The best option is to move beyond AB testing to Reinforcement Learning (RL), which replaces the manual iteration between AB tests with an automated sequence of mini-experiments. You again design policies that are combinations of ML prediction algorithms, but each policy is now accompanied by a strategy for data acquisition. Instead of serving most-likely-picks from offline ML, you run a mini-experiment and randomize what you serve amongst a set of somewhat-likely-picks. The ML algorithms are constantly re-optimizing in response to results from these mini-experiments (did the user engage with the content?), yielding continuous optimization and experimentation instead of clunky step-by-step guess and test. This makes everything move faster. Even more importantly, RL allows ML to address problems of causation instead of just correlation. By randomizing which reviews you show to customers, you learn when a customer is engaged because of certain content. With offline ML, you learn mainly that customers read reviews that your previous policies promoted most prominently and not gain any insight about what they would read if you promoted different reviews. This causal inference capability allows you to automate far more policy design components than you could do with backwards-looking ML.
This might all sound obvious. Of course I should use ML to predict what customers want to see. But most decision makers do not make enough use of ML in their policy design. Website optimization with ML is so common that we take it for granted, but many other types of policies – from product development to operations to investment – should use ML components. On the flip side, a misunderstanding of ML (remember: it is just finding patterns) can lead you to outsource to algorithms decisions that properly require human judgement (aesthetic, ethical, or executive). If you are a policy designer who doesn’t understand what should and should not be automated with ML, and how policies that include ML will learn and adapt, then yourkey decisions will be delegated to engineers and scientists (or worse, they will not be made at all). You lose control of the decision making process and are no longer the actual decision maker.
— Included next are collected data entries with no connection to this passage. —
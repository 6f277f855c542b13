-- ===== src/Trace/Session/Leaves.antt =====
-- src/trace.rs: the whole of `start`, and the drop of the trace that it returns.
use ferrisetw.Base.{
  ℕ, ◌≡◌, refl, sym, ap, subst, ◌∙◌, inl, inr, ◌⊎◌, Bool, true, false, not, ◌&&◌, none, some, List,
  ◌∷◌, ◌==◌, if◌then◌else◌, Bool-cases,
}
use ferrisetw.Native.EtwTypes.{EventTraceProperties, new_properties}
use ferrisetw.Native.Evntrace.{
  next_id, unregister, start_trace, with_handle, control_trace, control_trace_by_name, close_trace,
}
use ferrisetw.Native.Evntrace.Quiet.{remove_first, running, Same}
use ferrisetw.Native.Windows.{
  start_trace_w, control_trace_w, by_name, ControlCode, EvntraceNativeError, already_exist,
  io_error, TraceError, Result, ok, err, World, M, continue, ◌>>=◌, pure, wrap_error, native,
  Windows,
}
use ferrisetw.Provider.Builder.{Provider}
use ferrisetw.Provider.EventFilter.{Platform}
use ferrisetw.Trace.Session.{
  TraceBuilder, Trace, default_mode, default_properties, ignore_not_found, built_properties,
  has_nul, stop_trace_by_name, non_consuming_stop, drop_trace,
}
use ferrisetw.Trace.Session.Lifecycle.{
  control_trace-Stopped, without, close_trace-Retired, without_insert,
}
use ferrisetw.Trace.Session.Failure.{
  insert, without_fresh, left_over, Restored, Runs, Outcome, build_started-Outcome,
}
use ferrisetw.Trace.Session.Start.{build_started, start}

module _ (windows : Windows) (platform : Platform) (provider_at : ℕ → Provider) where
  -- What `start_trace` leaves behind.
  abbrev pub Started :
      World → Result EvntraceNativeError (EventTraceProperties × ℕ) × World → Type 0
  Started w (ok (properties, h), v) =
      ((h == 0) ≡ false)
      × ((running windows v.calls ≡ h ∷ running windows w.calls)
          × ((v.contexts ≡ w.contexts)
              × ((v.next_context_id ≡ w.next_context_id) × (v.registry ≡ w.registry))))
  Started w (err e, v) = Same windows w v

  session_cases :
      (b z c : Bool) (x code : ℕ) (properties : EventTraceProperties) (w v : World)
      → running windows v.calls
        ≡ (if b && not z then x ∷ running windows w.calls else running windows w.calls)
      → (x == 0) ≡ z
      → (v.contexts ≡ w.contexts)
        × ((v.next_context_id ≡ w.next_context_id) × (v.registry ≡ w.registry))
      → Started w (
          if b
          then with_handle (if z then none else some x) (λ h. pure (properties, h)) v
          else if c
          then (err already_exist, v)
          else (err (io_error code), v))
  session_cases true true c x code properties w v u e same = (u, same)
  session_cases true false c x code properties w v u e same = (e, (u, same))
  session_cases false z true x code properties w v u e same = (u, same)
  session_cases false z false x code properties w v u e same = (u, same)

  pub start_trace-Started :
      (properties : EventTraceProperties) (w : World)
      → Started w (start_trace windows platform properties w)
  unfolding start_trace
  start_trace-Started properties w =
      let calls = start_trace_w properties ∷ w.calls in
      session_cases (windows.status calls == windows.error_success)
        (windows.control_handle calls == 0) (windows.status calls == windows.error_already_exists)
        (windows.control_handle calls) (windows.status calls) properties w
        (record w { calls = calls }) refl refl (refl, (refl, refl))

  ignore_not_found-world :
      (r : Result ℕ (Unit {0})) (v : World)
      → (ignore_not_found windows platform provider_at (r, v)).1 ≡ v
  ignore_not_found-world (ok done) v = refl
  ignore_not_found-world (err code) v =
      elim (Bool-cases (code == windows.error_wmi_instance_not_found)) [
        | inl e ↦ rw e refl
        | inr e ↦ rw e refl
      ]

  abbrev named_stop : List ℕ → EventTraceProperties → World → World
  named_stop name properties w = record w {
    calls = control_trace_w (by_name name) properties ControlCode.stop ∷ w.calls;
  }

  control_trace_by_name-world :
      (properties : EventTraceProperties) (name : List ℕ) (w : World)
      → (control_trace_by_name windows platform properties name ControlCode.stop w).1
        ≡ named_stop name properties w
  unfolding control_trace_by_name
  control_trace_by_name-world properties name w =
      elim (Bool-cases
        (windows.status (named_stop name properties w).calls == windows.error_success)) [
          | inl e ↦ rw e refl
          | inr e ↦ rw e refl
        ]

  -- What `stop_if_exist` does before a session is started: nothing, or one STOP by name.
  abbrev Before : TraceBuilder → World → World → Type 0
  Before b w v =
      (v ≡ w)
      ⊎ ((b.stop_if_exist ≡ true)
          × ((properties : EventTraceProperties) × (v ≡ named_stop b.name properties w)))

  abbrev pub stop_existing : TraceBuilder → M TraceError (Unit {0})
  stop_existing b =
      if b.stop_if_exist
      then stop_trace_by_name windows platform provider_at b.stop_guid b.name
      else pure tt

  stop_trace_by_name-Before :
      (b : TraceBuilder) (w : World)
      → b.stop_if_exist ≡ true
      → Before b w (stop_trace_by_name windows platform provider_at b.stop_guid b.name w).1
  unfolding stop_trace_by_name
  stop_trace_by_name-Before b w e =
      let mode = default_mode windows platform provider_at in
      let properties =
        new_properties b.stop_guid mode 0 b.name none
          (default_properties windows platform provider_at) 0 in
      let stopped = control_trace_by_name windows platform properties b.name ControlCode.stop w in
      elim (Bool-cases (has_nul b.name)) [
        | inl f ↦ rw f (inl refl)
        | inr f ↦ rw f (
            inr (
              e,
              (
                properties,
                ignore_not_found-world stopped.0 stopped.1
                    ∙ control_trace_by_name-world properties b.name w,
              ),
            ))
      ]

  stop_existing-Before : (b : TraceBuilder) (w : World) → Before b w (stop_existing b w).1
  stop_existing-Before b w =
      let m : M TraceError (Unit {0}) =
        stop_trace_by_name windows platform provider_at b.stop_guid b.name in
      elim (Bool-cases b.stop_if_exist) [
        | inl e ↦
            subst (λ c. Before b w ((if c then m else pure tt) w).1) (sym e)
              (stop_trace_by_name-Before b w e)
        | inr e ↦ subst (λ c. Before b w ((if c then m else pure tt) w).1) (sym e) (inl refl)
      ]

  -- The sessions that run when a session is started: all, or all but the one that a successful STOP
  -- of `stop_if_exist` has ended.
  abbrev pub Spared : TraceBuilder → World → List ℕ → Type 0
  Spared b w left =
      (left ≡ running windows w.calls)
      ⊎ ((b.stop_if_exist ≡ true)
          × ((properties : EventTraceProperties) × (((windows.status
                      (control_trace_w (by_name b.name) properties ControlCode.stop ∷ w.calls)
                    == windows.error_success)
                  ≡ true)
                × (left
                    ≡ remove_first
                        (windows.control_handle
                          (control_trace_w (by_name b.name) properties ControlCode.stop ∷ w.calls))
                        (running windows w.calls)))))

  named_stop-Spared :
      (b : TraceBuilder) (w : World) (properties : EventTraceProperties)
      → b.stop_if_exist ≡ true
      → Spared b w (running windows (named_stop b.name properties w).calls)
  named_stop-Spared b w properties e =
      let calls = (named_stop b.name properties w).calls in
      elim (Bool-cases (windows.status calls == windows.error_success)) [
        | inl f ↦ inr (
          e,
          (
            properties,
            (
              f,
              ap
                  (λ c.
                    if c
                    then remove_first (windows.control_handle calls) (running windows w.calls)
                    else running windows w.calls)
                  f,
            ),
          ),
        )
        | inr f ↦ inl (
            ap
              (λ c.
                if c
                then remove_first (windows.control_handle calls) (running windows w.calls)
                else running windows w.calls)
              f)
      ]

  Before-Spared :
      (b : TraceBuilder) (w v : World) → Before b w v → Spared b w (running windows v.calls)
  Before-Spared b w v (inl same) = inl (ap (λ (u : World). running windows u.calls) same)
  Before-Spared b w v (inr (e, (properties, same))) =
      subst (λ (u : World). Spared b w (running windows u.calls)) (sym same)
        (named_stop-Spared b w properties e)

  -- The registries are kept.
  abbrev pub Kept : World → World → Type 0
  Kept w v =
      (v.contexts ≡ w.contexts)
      × ((v.next_context_id ≡ w.next_context_id) × (v.registry ≡ w.registry))

  Before-Kept : (b : TraceBuilder) (w v : World) → Before b w v → Kept w v
  Before-Kept b w v (inl same) = subst (λ (u : World). Kept w u) (sym same) (refl, (refl, refl))
  Before-Kept b w v (inr (e, (properties, same))) =
      subst (λ (u : World). Kept w u) (sym same) (refl, (refl, refl))

  pub stop_existing-Kept : (b : TraceBuilder) (w : World) → Kept w (stop_existing b w).1
  stop_existing-Kept b w = Before-Kept b w (stop_existing b w).1 (stop_existing-Before b w)

  -- A started trace runs its session besides those left, and no other; a failed start leaves a
  -- session only where Windows has refused to stop it.
  abbrev pub Leaves : List ℕ → World → ℕ → Result TraceError Trace × World → Type 0
  Leaves left w d (ok t, v) =
      ((t.control_handle == 0) ≡ false)
      × Runs windows platform provider_at left w t.control_handle d t v
  Leaves left w d (err e, v) = (h : ℕ) × Restored windows platform provider_at left h w v

  abbrev pub AfterStart : TraceBuilder → World → Result TraceError Trace × World → Type 0
  AfterStart b w r = (left : List ℕ) × (Spared b w left × Leaves left w b.callback_data r)

  abbrev pub AfterDrop : TraceBuilder → World → (control_handle : ℕ) → World → Type 0
  AfterDrop b w h v =
      (left : List ℕ) × (Spared b w left × Restored windows platform provider_at left h w v)

  built-Leaves :
      (left : List ℕ) (w v u : World) (h d : ℕ) (r : Result TraceError Trace)
      → Kept w v
      → (h == 0) ≡ false
      → Outcome windows platform provider_at left v h d (r, u)
      → Leaves left w d (r, u)
  built-Leaves left w v u h d (ok t) (c, (n, g)) e o = (
    ap (λ k. k == 0) o.0 ∙ e,
    (
      refl,
      (
        o.1.0 ∙ n,
        (
          o.1.1.0 ∙ ap (λ k. k ∷ left) (sym o.0),
          (
            o.1.1.1.0 ∙ ap (λ k. insert k d v.contexts) n ∙ ap (insert w.next_context_id d) c,
            (o.1.1.1.1.0 ∙ ap next_id n, o.1.1.1.1.1 ∙ g),
          ),
        ),
      ),
    ),
  )
  built-Leaves left w v u h d (err e) (c, (n, g)) f o = (h, (o.0, (o.1.0 ∙ c, o.1.1 ∙ g)))

  after_start :
      (b : TraceBuilder) (w v u : World) (r : Result EvntraceNativeError (EventTraceProperties × ℕ))
      → Kept w v
      → w.contexts w.next_context_id ≡ none
      → Started v (r, u)
      → Leaves
          (running windows v.calls)
          w
          b.callback_data
          (continue (wrap_error r) (build_started windows platform provider_at b) u)
  after_start b w v u (ok (properties, h)) (c, (n, g)) fresh s =
      let contexts = s.1.1.0 ∙ c in
      let next = s.1.1.1.0 ∙ n in
      let unused : u.contexts u.next_context_id ≡ none =
        ap (λ c. c u.next_context_id) contexts ∙ ap w.contexts next ∙ fresh in
      let built = build_started windows platform provider_at b (properties, h) u in
      built-Leaves (running windows v.calls) w u built.1 h b.callback_data built.0
        (contexts, (next, s.1.1.1.1 ∙ g)) s.0
        (build_started-Outcome windows platform provider_at properties h s.0
          (running windows v.calls) b u s.1.0 unused)
  after_start b w v u (err e) (c, (n, g)) fresh s = (0, (inl s.0, (s.1.0 ∙ c, s.1.1.1 ∙ g)))

  after_name :
      (b : TraceBuilder) (w v : World) (r : Result TraceError (Unit {0}))
      → Kept w v
      → w.contexts w.next_context_id ≡ none
      → Leaves (running windows v.calls) w b.callback_data (
          continue r
            (λ _.
              (λ u.
                native
                  (start_trace windows platform
                    (built_properties windows platform provider_at b u.registry.providers))
                  u)
              >>= build_started windows platform provider_at b)
            v)
  after_name b w v (ok done) q fresh =
      let properties = built_properties windows platform provider_at b v.registry.providers in
      let m = start_trace windows platform properties v in
      after_start b w v m.1 m.0 q fresh (start_trace-Started properties v)
  after_name b w v (err e) (c, (n, g)) fresh = (0, (inl refl, (c, g)))

  -- A start that fails, at any step, leaves the registries of contexts and of providers as they
  -- were, and the sessions, too, except that the session that it has started still runs where the
  -- last call is the STOP of that session and Windows refuses it. One that succeeds leaves one
  -- session more, that of the returned trace, whose handle is valid and whose new context leads to
  -- its callback data. Before, with `stop_if_exist`, a STOP by name that succeeds has ended the session
  -- whose handle it gives back. The next context id is taken to be unused. What Windows answers is
  -- arbitrary.
  pub start-Leaves :
      (b : TraceBuilder) (w : World)
      → w.contexts w.next_context_id ≡ none
      → AfterStart b w (start windows platform provider_at b w)
  unfolding start
  start-Leaves b w fresh =
      let m = stop_existing b in
      let before = stop_existing-Before b w in
      (
        running windows (m w).1.calls,
        (
          Before-Spared b w (m w).1 before,
          after_name b w (m w).1 (m w).0 (stop_existing-Kept b w) fresh,
        ),
      )

  -- A trace that has started and is dropped, with whatever errors, leaves the registries as they
  -- were before the start, and the sessions, too, except that its session still runs where the last
  -- call is the STOP of that session and Windows refuses it. At the start, with `stop_if_exist`, a
  -- STOP by name that succeeds has ended the session whose handle it gives back. The next context id
  -- is taken to be unused before the start.
  pub drop_trace-Restored :
      (b : TraceBuilder) (w v : World) (t : Trace)
      → w.contexts w.next_context_id ≡ none
      → start windows platform provider_at b w ≡ (ok t, v)
      → AfterDrop b w t.control_handle (drop_trace windows platform provider_at t v)
  unfolding drop_trace non_consuming_stop unregister
  drop_trace-Restored b w v t fresh e =
      let (left, (spared, leaves)) = start-Leaves b w fresh in
      let o : Leaves left w b.callback_data (ok t, v) =
        subst (Leaves left w b.callback_data) e leaves in
      let x = (close_trace windows platform t.trace_handle t.context v).1 in
      let r = close_trace-Retired windows platform t.trace_handle t.context v in
      let s = control_trace-Stopped windows platform t.properties t.control_handle x o.0 in
      let u = (control_trace windows platform t.properties t.control_handle ControlCode.stop x).1 in
      (
        left,
        (
          spared,
          (
            left_over windows platform provider_at t.properties t.control_handle o.0 left x u
                (r.0 ∙ o.1.1.1.0) s,
            (
              ap (without t.context) s.1.0
                  ∙ r.1.0
                  ∙ ap (without t.context) o.1.1.1.1.0
                  ∙ ap (λ i. without i (insert w.next_context_id b.callback_data w.contexts))
                      o.1.1.0
                  ∙ without_insert w.next_context_id b.callback_data w.contexts
                  ∙ without_fresh w.next_context_id w.contexts fresh,
              s.1.1.1 ∙ r.1.1.1 ∙ o.1.1.1.1.1.1,
            ),
          ),
        ),
      )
Fortunately, you can adapt for this coming automation by building an understanding of how ML recognizes patterns in past data, how uncertainty around these patterns is quantified and mitigated, and how data are collected. If you have the stomach for a dose of math and snippets of code, my book Business Data Science is one place to start learning. But regardless of how you familiarize yourself, the key outcome is to be able to use ML as an ingredient in your decision process. Metrics, spreadsheets, and customer surveys have long been essential to decision makers. ML and RL are simply the next generation of tools to facilitate data driven decisions.